# PH 7.8... buffer anyone?



## niccomau (Oct 14, 2008)

The water here comes out of the tap at 7.8 here. I'm going to be keeping Neolamprologus leleupi :thumb: Will adding crushed coral to my substrate bump it up past 8.0? Also curious about what I should do during water changes? Add buffer to my water before hand or will the crushed coral take care of it? I also haven't figured out which type of rock I was going to use for the caves, any suggestions? I hear most rock will raise the PH...


----------



## boredatwork (Sep 14, 2007)

Technically if you are at 7.8 you don't need to buffer. Are you able to measure the KH (also called alkalinity) of the tap water? The crushed coral can raise the pH but its not exactly the simple. The KH number will provide more information.


----------



## kilroy111 (Sep 25, 2006)

Depending on water change amount and frequency, the crushed coral may not be a bad idea. If you go weeks between water changes your pH will drop due to the nitrates and other waste products in the water.
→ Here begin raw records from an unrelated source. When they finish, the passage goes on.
-- ===== src/Redis/Replay/Answers.antt =====
-- What a replay answers, as a function of the recording and of the commands already asked.
use cognivox_record.Prelude.{
  ℕ, suc, ◌+◌, min, ◌≡◌, refl, sym, subst, ◌∙◌, ap, true, List, [], ◌∷◌, ◌++◌, append-nil,
  append_assoc, Option, none, some, >>=-eq-some, some_inj, arith, length, get_elem?, if◌then◌else◌,
  Bool-cases, inl, inr,
}
use cognivox_record.Prelude.Int.{ℤ}
use cognivox_record.Text.Utf8.{Text}
use cognivox_record.Text.Words.{equal, equal→eq}
use cognivox_record.Dict.{get, put, get-put}
use cognivox_record.Resp.{RespValue}
use cognivox_record.Resp.Commands.{RespCommand}
use cognivox_record.Resp.Stored.{Stored, from_stored}
use cognivox_record.Interaction.{mongodb, DependencyInteraction, redis, postgres}
use cognivox_record.Redis.Replay.{
  ReplySequence, signature_of, RedisReplay, empty_replay, extend_sequence, add_interaction,
  load_from, load, no_recording, answer_from, reply_to,
}

abbrev pub reply_list : Option RespValue → List RespValue
reply_list none = []
reply_list (some v) = v ∷ []

-- The replies recorded for a signature, in recorded order.
unfoldable pub recorded : Text → List DependencyInteraction → List RespValue
recorded key [] = []
recorded key (redis c a d ∷ is) =
    (if equal (signature_of c.command c.args) key then reply_list (from_stored a) else [])
    ++ recorded key is
recorded key (postgres s p a d ∷ is) = recorded key is
recorded key (mongodb c q a d ∷ is) = recorded key is

-- How often a signature is among the commands asked.
unfoldable pub times : Text → List RespCommand → ℕ
times key [] = 0
times key (c ∷ cs) = (if equal (signature_of c.command c.args) key then 1 else 0) + times key cs

-- The (n + 1)-th answer to a signature: the replies in order, the last one for ever after, and an
-- error where there is none.
abbrev pub nth_answer : Text → List RespValue → ℕ → Option RespValue
nth_answer key [] n = some (no_recording key)
nth_answer key (v ∷ vs) n = get_elem? (v ∷ vs) (min n (length vs))

abbrev sequence_of : List RespValue → ℕ → Option ReplySequence
sequence_of [] n = none
sequence_of (v ∷ vs) n = some (record { replies = v ∷ vs; next = n })

-- The replay holds what the recording and the history say.
abbrev pub Refines : RedisReplay → List DependencyInteraction → List RespCommand → Type 0
Refines r is asked =
    (key : Text) → get key r.sequences ≡ sequence_of (recorded key is) (times key asked)

pub recorded-append :
    (key : Text) (is js : List DependencyInteraction)
    → recorded key (is ++ js) ≡ recorded key is ++ recorded key js
unfolding recorded
recorded-append key [] js = refl
recorded-append key (redis c a d ∷ is) js =
    rw (recorded-append key is js) (sym (append_assoc _ (recorded key is) (recorded key js)))
recorded-append key (postgres s p a d ∷ is) js = recorded-append key is js
recorded-append key (mongodb c q a d ∷ is) js = recorded-append key is js

sequence_of-extend :
    (vs : List RespValue) (v : RespValue)
    → some (extend_sequence (sequence_of vs 0) v) ≡ sequence_of (vs ++ (v ∷ [])) 0
unfolding extend_sequence
sequence_of-extend [] v = refl
sequence_of-extend (w ∷ vs) v = refl

pub recorded_one :
    (key : Text) (c : RespCommand) (a : Stored) (d : ℤ) (v : RespValue)
    → from_stored a ≡ some v
    → recorded key (redis c a d ∷ [])
      ≡ (if equal (signature_of c.command c.args) key then v ∷ [] else [])
unfolding recorded
recorded_one key c a d v e = rw e (append-nil _)

-- The same replies under a signature that two texts spell.
same_signature :
    (k key : Text) (is : List DependencyInteraction) (o : Option ReplySequence) (n : ℕ)
    → equal k key ≡ true
    → o ≡ sequence_of (recorded k is) n
    → o ≡ sequence_of (recorded key is) n
same_signature k key is o n same h =
    subst (λ j. o ≡ sequence_of (recorded j is) n) (equal→eq k key same) h

add_redis-Refines :
    (r : RedisReplay) (is : List DependencyInteraction) (c : RespCommand) (a : Stored) (d : ℤ)
    (v : RespValue)
    → from_stored a ≡ some v
    → Refines r is []
    → (key : Text)
    → get key (
        put
          (signature_of c.command c.args)
          (extend_sequence (get (signature_of c.command c.args) r.sequences) v)
          r.sequences)
      ≡ sequence_of (recorded key (is ++ (redis c a d ∷ []))) 0
add_redis-Refines r is c a d v e h key =
    let k = signature_of c.command c.args in
    rw (get-put k key, recorded-append key is, recorded_one key c a d v e)
      (elim (Bool-cases (equal k key)) [
        | inl same ↦ rw same (
            ap (λ o. some (extend_sequence o v))
              (same_signature k key is (get k r.sequences) 0 same (unfold times in h k))
            ∙ sequence_of-extend (recorded key is) v)
        | inr other ↦ rw (other, append-nil) (unfold times in h key)
      ])

-- An interaction of another protocol changes nothing.
skip-Refines :
    (r s : RedisReplay) (is : List DependencyInteraction) (i : DependencyInteraction)
    → ((key : Text) → recorded key (i ∷ []) ≡ [])
    → Refines r is []
    → r ≡ s
    → Refines s (is ++ (i ∷ [])) []
skip-Refines r s is i none_of_it h e =
    subst (λ t. Refines t (is ++ (i ∷ [])) []) e
      (λ key.
        h key
        ∙ ap (λ vs. sequence_of vs (times key []))
            (sym (
              recorded-append key is (i ∷ [])
              ∙ ap (◌++◌ (recorded key is)) (none_of_it key)
              ∙ append-nil (recorded key is))))

add_interaction-Refines :
    (r s : RedisReplay) (is : List DependencyInteraction) (i : DependencyInteraction)
    → Refines r is []
    → add_interaction r i ≡ some s
    → Refines s (is ++ (i ∷ [])) []
unfolding add_interaction times
add_interaction-Refines r s is (postgres q p a d) h e =
    skip-Refines r s is (postgres q p a d) (unfold recorded in λ key. refl) h (some_inj e)
add_interaction-Refines r s is (mongodb c q a d) h e =
    skip-Refines r s is (mongodb c q a d) (unfold recorded in λ key. refl) h (some_inj e)
add_interaction-Refines r s is (redis c a d) h e =
    let (v, stored, f) = >>=-eq-some (from_stored a) _ e in
    subst (λ t. Refines t (is ++ (redis c a d ∷ [])) []) (some_inj f)
      (add_redis-Refines r is c a d v stored h)

load_from-Refines :
    (r s : RedisReplay) (is js : List DependencyInteraction)
    → Refines r is []
    → load_from r js ≡ some s
    → Refines s (is ++ js) []
unfolding load_from
load_from-Refines r s is [] h e =
    subst (λ t. Refines t (is ++ []) []) (some_inj e)
      (subst (λ l. Refines r l []) (sym (append-nil is)) h)
load_from-Refines r s is (i ∷ js) h e =
    let (t, added, f) = >>=-eq-some (add_interaction r i) _ e in
    subst (λ l. Refines s l []) (append_assoc is (i ∷ []) js)
      (load_from-Refines t s (is ++ (i ∷ [])) js (add_interaction-Refines r t is i h added) f)

-- A replay that was loaded holds the recording, and has answered nothing yet.
pub load-Refines :
    (is : List DependencyInteraction) (r : RedisReplay) → load is ≡ some r → Refines r is []
unfolding load
load-Refines is r e = load_from-Refines empty_replay r [] is (λ key. unfold get recorded in refl) e

answer_from-nth :
    (r : RedisReplay) (key : Text) (vs : List RespValue) (n : ℕ) (o : Option ReplySequence)
    → o ≡ sequence_of vs n
    → (answer_from r key o).0 ≡ nth_answer key vs n
unfolding answer_from
answer_from-nth r key vs n o e = rw e (at_list vs)
  where
    at_list : (vs : List RespValue) → (answer_from r key (sequence_of vs n)).0 ≡ nth_answer key vs n
    at_list [] = refl
    at_list (v ∷ vs) = ap (λ k. get_elem? (v ∷ vs) (min n k)) (omega arith)

-- What an answer does to the sequences: it counts one under its own signature, if there is one.
answer_from-get :
    (r : RedisReplay) (k key : Text) (vs : List RespValue) (n : ℕ)
    → get k r.sequences ≡ sequence_of vs n
    → get key (answer_from r k (get k r.sequences)).1.sequences
      ≡ (if equal k key then sequence_of vs (suc n) else get key r.sequences)
unfolding answer_from
answer_from-get r k key [] n e = rw e (elim (Bool-cases (equal k key)) [
  | inl same ↦ rw same (subst (λ j. get j r.sequences ≡ none) (equal→eq k key same) e)
  | inr other ↦ rw other
])
answer_from-get r k key (v ∷ vs) n e = rw e (get-put k key _ r.sequences)

-- The server's answers to a row of commands, and the state behind them.
abbrev pub reply_all : RedisReplay → List RespCommand → List (Option RespValue) × RedisReplay
reply_all r [] = ([], r)
reply_all r (c ∷ cs) =
    let (v, s) = reply_to r c.command c.args in let (vs, t) = reply_all s cs in (v ∷ vs, t)

module _ (is : List DependencyInteraction) where
  -- The state behind an answer holds the same recording, with one more command asked.
  reply_to-Refines :
      (r : RedisReplay) (asked : List RespCommand) (c : RespCommand)
      → Refines r is asked
      → Refines (reply_to r c.command c.args).1 is (c ∷ asked)
  unfolding reply_to times
  reply_to-Refines r asked c h key =
      let k = signature_of c.command c.args in
      rw (answer_from-get r k key (recorded k is) (times k asked) (h k))
        (elim (Bool-cases (equal k key)) [
          | inl same ↦ rw same (
              subst
                (λ j.
                  sequence_of (recorded k is) (suc (times k asked))
                  ≡ sequence_of (recorded j is) (1 + times j asked))
                (equal→eq k key same) (ap (sequence_of (recorded k is)) (omega arith)))
          | inr other ↦ rw other (h key ∙ ap (sequence_of (recorded key is)) (omega arith))
        ])

  reply_to-nth :
      (r : RedisReplay) (asked : List RespCommand) (c : RespCommand)
      → Refines r is asked
      → let key = signature_of c.command c.args in
        (reply_to r c.command c.args).0 ≡ nth_answer key (recorded key is) (times key asked)
  unfolding reply_to
  reply_to-nth r asked c h =
      let key = signature_of c.command c.args in
      answer_from-nth r key (recorded key is) (times key asked) (get key r.sequences) (h key)

  -- The answers by the specification; the commands asked so far are listed newest first.
  abbrev pub expected : List RespCommand → List RespCommand → List (Option RespValue)
  expected asked [] = []
  expected asked (c ∷ cs) =
      let key = signature_of c.command c.args in
      nth_answer key (recorded key is) (times key asked) ∷ expected (c ∷ asked) cs

  replies-expected :
      (r : RedisReplay) (asked cs : List RespCommand)
      → Refines r is asked
      → (reply_all r cs).0 ≡ expected asked cs
  replies-expected r asked [] h = refl
  replies-expected r asked (c ∷ cs) h =
      let key = signature_of c.command c.args in
      let s = (reply_to r c.command c.args).1 in
      ap (λ v. v ∷ (reply_all s cs).0) (reply_to-nth r asked c h)
      ∙ ap (◌∷◌ (nth_answer key (recorded key is) (times key asked)))
          (replies-expected s (c ∷ asked) cs (reply_to-Refines r asked c h))

  -- The replay implements its specification: whatever commands are asked, in whatever order, the
  -- (n + 1)-th occurrence of a signature gets its (n + 1)-th recorded reply, the last one when they
  -- are used up, and an error that names it when none was recorded. Other commands in between do
  -- not change it, and no answer is ever undefined.
  pub replay_refines :
      (r : RedisReplay) (cs : List RespCommand)
      → load is ≡ some r
      → (reply_all r cs).0 ≡ expected [] cs
  replay_refines r cs e = replies-expected r [] cs (load-Refines is r e)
A buffer like crushed coral, limestone etc will keep the water around 7.8-8. It won't raise the pH over 8 no matter how much of it you have in the tank.

Increasing the kH and gH of your water with salts and buffers may assist in getting your fish breeding better, but they will live happily with no added buffers other than your coral sand and limestone type buffers.


----------



## dietz31684 (Aug 29, 2007)

I agree with what has been posted. Your fish may breed as often, but i would not mess with buffers unless you are specifically looking to breed the fish. If you want the crushed coral for looks that is fine, personally i say its not necessary. My africans (i know that Neolamprologus leleupi are not from the same lake but malawi also has a high ph) are at a steady 7.6 which is my tap water, I do 50% weekly waterchanges and they are happy and healthy and have been this way for over a year. Buffers are just one more step for human error to occur unless you really need them. (and i do not think that you do) I would also look into what ph they are in now from whom ever you purchase them from. just my $.02


----------



## niccomau (Oct 14, 2008)

I've heard this area has "hard water", but in terms of fish tanks I'll just have to test it myself. Thanks for the info guys :thumb:


----------



## prov356 (Sep 20, 2006)

Without knowing the KH value (buffers), there is no way to recommend whether you should add anything 
in way of buffers or not, whether it be chemicals or substrate. Regardless of the current pH value, if KH 
is very low, pH will crash. I'm with boredatwork. We need the KH value before making any judgments or 
recommendations. You can't talk pH without KH. pH stability is what's important more than specific 
value. If it's 7.8 and stable, then that's fine. I wouldn't add anything to raise it. But, if buffers are low 
then I'd add something to raise those because that'll stabilize the pH value.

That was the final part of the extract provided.